Última atualização 22/12/2025

Esta página fornece informações gerais e de referência compiladas a partir de fontes médicas oficiais. Não substitui aconselhamento médico profissional, diagnóstico ou tratamento. Para decisões sobre a sua saúde, consulte um profissional de saúde qualificado.

Visão geral de Oradine

O que é o Oradine e qual é a sua substância ativa?

O Oradine é uma marca comercial de um medicamento não sujeito a receita médica que contém a substância ativa Loratadina. A loratadina é classificada como um anti-histamínico de segunda geração, um fármaco sintético concebido especificamente para neutralizar os efeitos da histamina libertada durante as reações alérgicas.
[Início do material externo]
-- ===== src/Scenegraph/Client/Errors.antt =====
-- What the client's handler does with packets about entities that it does not have.
use enki_net.Common.{
  ◌>>=◌, length, ℕ, ◌≡◌, ◌⊎◌, inl, inr, ap, Bool, false, ◌||◌, List, [], ◌++◌, Option, none, some,
  ◌===◌, Outcome, ok, fault, Bool-cases,
}
use enki_net.Packet.{
  empty, Packet, type_code, entity_update, entity_rpc, entity_creation_on_connection,
}
use enki_net.Packet.Laws.{advance, Ready}
use enki_net.Entity.{EntityInfo, info_eq}
use enki_net.Entity.Laws.{IsInfo, info_bytes, get_info-Reads}
use enki_net.Scenegraph.{Scene, SceneEntity, lookup, create_entity}
use enki_net.Scenegraph.Client.{
  update_self, Game, if_same, receive_update, receive_call, receive_creation_on_connection,
  client_handler,
}

-- The entity with the id of the info is not there, or has another info.
pub data IsStale {G : Type 0} (s : Scene G) (info : EntityInfo) : Type 0 where
  absent : lookup info.id s.entities ≡ none → IsStale s info
  differs :
      (e : SceneEntity G)
      → lookup info.id s.entities ≡ some e
      → info_eq info e.info ≡ false
      → IsStale s info

module _ {G : Type 0} (null : Bool) (game : Game G) where
  if_same-IsStale :
      (info : EntityInfo) (act : SceneEntity G → Outcome (Scene G)) (s : Scene G)
      → IsStale s info
      → if_same null game info act s ≡ ok s
  unfolding if_same
  if_same-IsStale info act s (absent e) = rw (e, if_same)
  if_same-IsStale info act s (differs e there other) = rw (there, other, if_same)

  -- A packet of type ENTITY_UPDATE or ENTITY_RPC whose info names an entity that is not there, or that
  -- has another info, changes nothing.
  pub client_handler-IsStale :
      (info : EntityInfo) (bs : List ℕ) (p : Packet) (s : Scene G)
      → IsInfo info
      → Ready p (info_bytes info ++ bs)
      → (p.header.type ≡ type_code entity_update) ⊎ (p.header.type ≡ type_code entity_rpc)
      → IsStale s info
      → client_handler null game p s ≡ ok s
  unfolding client_handler receive_update receive_call
  client_handler-IsStale info bs p s valid ready (inl type) stale =
      rw (get_info-Reads info valid p bs ready, type) (if_same-IsStale info _ s stale)
  client_handler-IsStale info bs p s valid ready (inr type) stale =
      rw (get_info-Reads info valid p bs ready, type) (if_same-IsStale info _ s stale)

  create_entity_unregistered :
      (info : EntityInfo) (spawn : Packet) (s : Scene G)
      → s.builders info.type ≡ none
      → create_entity game.on_spawn info spawn s ≡ ok (none, s)
  unfolding create_entity
  create_entity_unregistered info spawn s unknown =
      elim (Bool-cases ((info.name === []) || (info.type === []))) [
        | inl e ↦ rw (e, create_entity)
        | inr e ↦ rw (e, unknown, create_entity)
      ]

  -- A packet of type ENTITY_CREATION_ON_CONNECTION for a type that is not registered here makes the
  -- handler use a null pointer.
  pub client_handler_unregistered :
      (info : EntityInfo) (bs : List ℕ) (p : Packet) (s : Scene G)
      → IsInfo info
      → Ready p (info_bytes info ++ bs)
      → p.header.type ≡ type_code entity_creation_on_connection
      → s.builders info.type ≡ none
      → client_handler null game p s ≡ fault
  unfolding client_handler receive_creation_on_connection
  client_handler_unregistered info bs p s valid ready type unknown =
      let refused = create_entity_unregistered info empty s unknown in
      rw (get_info-Reads info valid p bs ready, type) (ap then_read refused)
    where
      q : Packet
      q = advance p (length (info_bytes info))

      then_read : Outcome (Option ℕ × Scene G) → Outcome (Scene G)
      then_read r = r >>= λ (created, s'). elim created [
        | none ↦ fault
        | some id ↦ elim (lookup id s'.entities) [
          | none ↦ fault
          | some e ↦ update_self null game id e (game.deserialize_on_connection q e.self) s'
        ]
      ]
Este medicamento é clinicamente reconhecido pela sua ação antialérgica, sendo amplamente utilizado para o alívio temporário de sintomas como espirros, corrimento nasal e olhos lacrimejantes com comichão, causados por alergénios comuns. O principal fator diferenciador é o facto de ser um composto de segunda geração: a sua estrutura foi desenhada para ter uma baixa tendência em atravessar a barreira hematoencefálica. A Loratadina é reconhecida pelo seu perfil não sedativo quando comparada com anti-histamínicos mais antigos. Isto posiciona o Oradine como uma opção eficaz para indivíduos que necessitam de alívio de alergias mantendo o estado de alerta durante o dia.


Que tipo de alívio proporciona o Oradine?

O Oradine proporciona um alívio sintomático geral para uma variedade de condições alérgicas, bloqueando o desencadeador químico dos sintomas. O medicamento atua como um antagonista seletivo dos recetores H1. Isto significa que a sua função primária é competir com a histamina (o químico que causa a alergia) e impedir que esta se ligue aos seus alvos, travando assim a manifestação completa dos sintomas do processo alérgico.

O seu objetivo global é interromper a reação química em cadeia que causa o desconforto alérgico. O resultado final é uma redução da resposta física do corpo ao alergénio, oferecendo aos pacientes uma forma eficaz e amplamente reconhecida de gerir sintomas alérgicos sazonais ou temporários.


Qual é a forma farmacêutica do Oradine?

O Oradine é habitualmente fabricado e administrado na forma de comprimido oral, sendo a via de administração feita pela boca (oral) para proporcionar um efeito sistémico. Esta forma farmacêutica padrão assegura que o medicamento é absorvido pela corrente sanguínea para fornecer um alívio abrangente em todo o corpo.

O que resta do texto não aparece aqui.